The Man History Called the Beast of Belsen
The Third Reich and the Men Who Ran It
Nazi Germany, formally known as the Third Reich, existed from 1933 to 1945. In that twelve-year span, it became responsible for the deaths of millions of people across Europe, Asia, and Africa — through deliberate state persecution, forced labor, systematic extermination, and the devastation of World War II. Adolf Hitler placed power in the hands of a carefully selected group of ideologically committed men. These officials were not passive administrators. They made operational decisions, issued orders, and in many cases personally participated in mass killings. Understanding who these men were and how they functioned within the Nazi system is essential to understanding how industrialized atrocity becomes possible at all.
How the Camp System Actually Worked
The concentration camp network was not built overnight. It expanded gradually, beginning with political prisoners in the early 1930s and eventually scaling into a continent-wide apparatus targeting Jews, Roma, Soviet POWs, and other groups deemed enemies of the state. Each camp required administrators — men who could manage logistics, enforce discipline, and carry out killing operations without resistance or remorse. The SS, Heinrich Himmler’s paramilitary organization, supplied most of these administrators. They were recruited, trained, and promoted through a bureaucratic structure that rewarded brutality and punished hesitation. Careers were built on body counts.

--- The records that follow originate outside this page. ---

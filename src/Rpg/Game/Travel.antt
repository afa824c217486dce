-- ===== src/Rpg/Game/Travel.antt =====
-- Where `go` leads.
use c_book.Prelude.{ℕ, ◌≡◌, ◌≢◌, refl, sym, subst, List, [], ◌∷◌, some, ◌⊎◌, inl, inr, arith}
use c_book.Rpg.Places.{Location, World, exit, find_location}
use c_book.Rpg.Game.{Game, cmd_go}

-- Every exit leads to a location of the world.
abbrev pub IsClosed : World → Type 0
IsClosed w =
    (id direction : List ℕ) (l : Location)
    → find_location id w ≡ some l
    → exit direction l ≢ []
    → (m : Location) × (find_location (exit direction l) w ≡ some m)

cmd_go-nowhere :
    (d : List ℕ) (g : Game) (l : Location)
    → find_location g.current_location_id g.world ≡ some l
    → exit d l ≡ []
    → cmd_go d g ≡ g
unfolding cmd_go
cmd_go-nowhere d g l here e = ground arith

cmd_go-there :
    (d : List ℕ) (g : Game) (l : Location) (c : ℕ) (target : List ℕ)
    → find_location g.current_location_id g.world ≡ some l
    → exit d l ≡ c ∷ target
    → cmd_go d g ≡ record g { current_location_id = c ∷ target }
unfolding cmd_go
cmd_go-there d g l c target here e = ground arith

-- In a world whose exits lead to its locations, a player who stands in a location stands in one
-- after `go`: in the one that the exit names, or where there is no such exit, in the same. Neither
-- the world nor the player is changed.
pub cmd_go_lem :
    (d : List ℕ) (g : Game) (l : Location)
    → IsClosed g.world
    → find_location g.current_location_id g.world ≡ some l
    → (m : Location) × (find_location (cmd_go d g).current_location_id g.world ≡ some m)
      × (((exit d l ≡ []) × (cmd_go d g ≡ g))
          ⊎ (((cmd_go d g).current_location_id ≡ exit d l)
              × ((cmd_go d g).world ≡ g.world)
              × ((cmd_go d g).player ≡ g.player)))
cmd_go_lem d g l closed here = cases (exit d l) refl
  where
    cases :
        (t : List ℕ)
        → exit d l ≡ t
        → (m : Location) × (find_location (cmd_go d g).current_location_id g.world ≡ some m)
          × (((exit d l ≡ []) × (cmd_go d g ≡ g))
              ⊎ (((cmd_go d g).current_location_id ≡ exit d l)
                  × ((cmd_go d g).world ≡ g.world)
                  × ((cmd_go d g).player ≡ g.player)))
    cases [] e =
        let still = cmd_go-nowhere d g l here e in
        (
          l,
          subst (λ h. find_location h.current_location_id g.world ≡ some l) (sym still) here,
          inl (e, still),
        )
    cases (c ∷ t) e =
        let gone = cmd_go-there d g l c t here e in
        let (m, found) = closed g.current_location_id d l here (λ h. cc (e, h)) in
        (
          m,
          subst (λ h. find_location h.current_location_id g.world ≡ some m) (sym gone)
              (subst (λ i. find_location i g.world ≡ some m) e found),
          inr (cc (gone, e), cc gone, cc gone),
        )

Josef Kramer Before Bergen-Belsen
Josef Kramer did not begin his career as a camp commandant. He worked his way up through the system, serving in a series of transit and detention facilities in occupied territories before being entrusted with command-level responsibilities. His early postings gave him a working knowledge of camp logistics — prisoner processing, labor assignment, and the infrastructure of mass detention. These were not passive administrative roles. They required direct participation in decisions about who lived, who worked, and who was killed. By the time Kramer was handed a commandant’s position, he had already accumulated years of operational experience in the system.
The Natzweiler-Struthof Assignment
In 1941, Kramer was sent to run the Natzweiler-Struthof concentration camp in occupied France — one of the only camps located on what is now French soil. It was here that his personal willingness to kill became unambiguous. Kramer personally gassed approximately 80 to 86 Jewish men and women, using the bodies afterward for skeleton collection research being conducted by a professor at the Reich University of Strasbourg. He later described the killings in clinical, detached terms during his postwar trial — explaining the process step by step with no apparent distress. The statement became one of the more chilling documents produced during the Nuremberg-era proceedings.